• TASK DATA:
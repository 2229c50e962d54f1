-- ===== src/Ai.antt =====
-- Computer players: what they buy, sai/saibuy.c. Goods are registered by their addresses, numbers,
-- and the store says what stands at an address: a purchase writes there. What it writes is not read
-- by the loops over the goods. The statistics of weapons and the share of the money that may be
-- spent are computed on doubles, and are parameters (`Judgement`); so are the scores, of any type.
-- None stands for reading a good that is NULL, and for fuel that runs out.
pub mod Buy
mod Shopping
pub mod Purchases
pub mod Orderings
mod Ranking
mod Loops
mod Found
mod Solvent
mod Ranked
mod Buyers
mod Tests
use xscorch.Prelude.{
  ℕ, zero, suc, List, [], ◌∷◌, ◌++◌, Bool, true, false, not, ◌&&◌, ◌||◌, Option, none, some, ◌==◌,
  if◌then◌else◌, get_elem?, set,
}
use mathlib.Core.List.{reverse}
use xscorch.Prelude.Int.{ℤ, pos, ◌+ℤ◌, ◌-ℤ◌, ◌/ℤ◌, ltb_ℤ}
use xscorch.Items.{WeaponInfo, AccessoryInfo, has_bit, accessory_is_shield}
use xscorch.Player.{Player}
use xscorch.Inventory.{stock, can_buy_weapon, buy_weapon, can_buy_accessory, buy_accessory}
use xscorch.Goods.{
  Goods, GoodsConfig, weapon_goods, accessory_goods, limit_all, count, first, lookup,
}
use xscorch.Goods.Folds.{fold_goods, find_good}

-- SC_ACCESSORY_LIMIT_ALL | SC_ACCESSORY_SCAN_FORWARD, and with SCAN_REVERSE; the same for weapons
abbrev pub all_forward : ℕ
all_forward = 0x01ff

abbrev pub all_reverse : ℕ
all_reverse = 0x02ff

-- SC_AI_BUY_MAX_OF_WEAPON, SC_AI_INVENTORY_HIGH and SC_AI_MAX_BATTERIES
abbrev pub buy_max_of_weapon : ℕ
buy_max_of_weapon = 3

abbrev pub inventory_high : ℤ
inventory_high = pos 2

abbrev pub max_batteries : ℤ
max_batteries = pos 30

abbrev pub accessory_is_auto_def : AccessoryInfo → Bool
accessory_is_auto_def info = has_bit info.state 0x040000

abbrev pub accessory_is_trigger : AccessoryInfo → Bool
accessory_is_trigger info = has_bit info.state 0x080000

abbrev pub accessory_is_battery : AccessoryInfo → Bool
accessory_is_battery info = has_bit info.state 0x200000

-- `sc_ai_type`
pub data RealAiType : Type 0 where
  human network moron shooter spreader chooser calculater annihilater insanity random : RealAiType

-- What a purchase reads and writes: the player, the goods at their addresses, and `*budget`.
pub record Shop : Type 0 where
  pub p : Player
  pub weapons : ℕ → WeaponInfo
  pub accessories : ℕ → AccessoryInfo
  pub budget : ℤ

abbrev pub put {ℓ} : {A : Type ℓ} → ℕ → A → (ℕ → A) → ℕ → A
put address value store a = if a == address then value else store a

unfoldable pub purchase_weapon : Shop → ℕ → Shop
unfolding buy_weapon
purchase_weapon s a =
    let (bought, p', info') = buy_weapon s.p (s.weapons a) in
    record s { p = p'; weapons = put a info' s.weapons; budget = s.budget -ℤ (s.weapons a).price }

unfoldable pub purchase_accessory : Shop → ℕ → Shop
unfolding buy_accessory
purchase_accessory s a =
    let (bought, p', info') = buy_accessory s.p (s.accessories a) in
    record s {
      p = p';
      accessories = put a info' s.accessories;
      budget = s.budget -ℤ (s.accessories a).price;
    }

-- The configuration that the buyers read, and whether there is memory for the arrays of a sort.
pub record Market : Type 0 where
  pub weapon_config : GoodsConfig ℕ
  pub accessory_config : GoodsConfig ℕ
  pub synchronous : Bool
  pub tunneling : Bool
  pub memory : Bool

-- The statistics and the budgets. `Score` is the type of the statistics.
pub record Judgement (Score : Type 0) : Type 0 where
  -- Whether a weapon's yield is above 0, and whether it is not 0.
  pub deadly : Player → WeaponInfo → Bool
  pub yields : Player → WeaponInfo → Bool
  pub yield : Player → WeaponInfo → Score
  pub econ_yield : Player → WeaponInfo → Score
  pub precision_yield : Player → WeaponInfo → Score
  -- `>`, and the exchange of two scores by sums and differences.
  pub above : Score → Score → Bool
  pub exchanged : Score → Score → Score × Score
  -- `_sc_ai_budget`, and 0.85 of the money.
  pub budget : Shop → ℤ
  pub most_of : ℤ → ℤ

-- A round of the inner loop of a sort, over the two arrays as one list of pairs; the exchange of
-- two numbers by sums and differences is exact.
module _ {Score : Type 0} (above : Score → Score → Bool)
    (exchanged : Score → Score → Score × Score) where
  unfoldable pub compare_scores : ℕ → ℕ → List (ℤ × Score) → List (ℤ × Score)
  compare_scores outer inner xs = elim (get_elem? xs inner) [
    | none ↦ xs
    | some (a, x) ↦ elim (get_elem? xs outer) [
      | none ↦ xs
      | some (b, y) ↦
          let (x', y') = exchanged x y in
          if above x y then set (set xs inner (b, x')) outer (a, y') else xs
    ]
  ]

  unfoldable pub sort_inner : ℕ → ℕ → ℕ → List (ℤ × Score) → List (ℤ × Score)
  unfolding compare_scores
  sort_inner zero outer inner xs = xs
  sort_inner (suc rounds) outer inner xs =
      sort_inner rounds outer (suc inner) (compare_scores outer inner xs)

  unfoldable pub sort_outer : ℕ → ℕ → List (ℤ × Score) → List (ℤ × Score)
  unfolding sort_inner
  sort_outer zero outer xs = xs
  sort_outer (suc rounds) outer xs = sort_outer rounds (suc outer) (sort_inner outer outer 0 xs)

• TASK: Go through the data and copy every line that includes "bought".

• RESULT BELOW:
    let (bought, p', info') = buy_weapon s.p (s.weapons a) in
    let (bought, p', info') = buy_accessory s.p (s.accessories a) in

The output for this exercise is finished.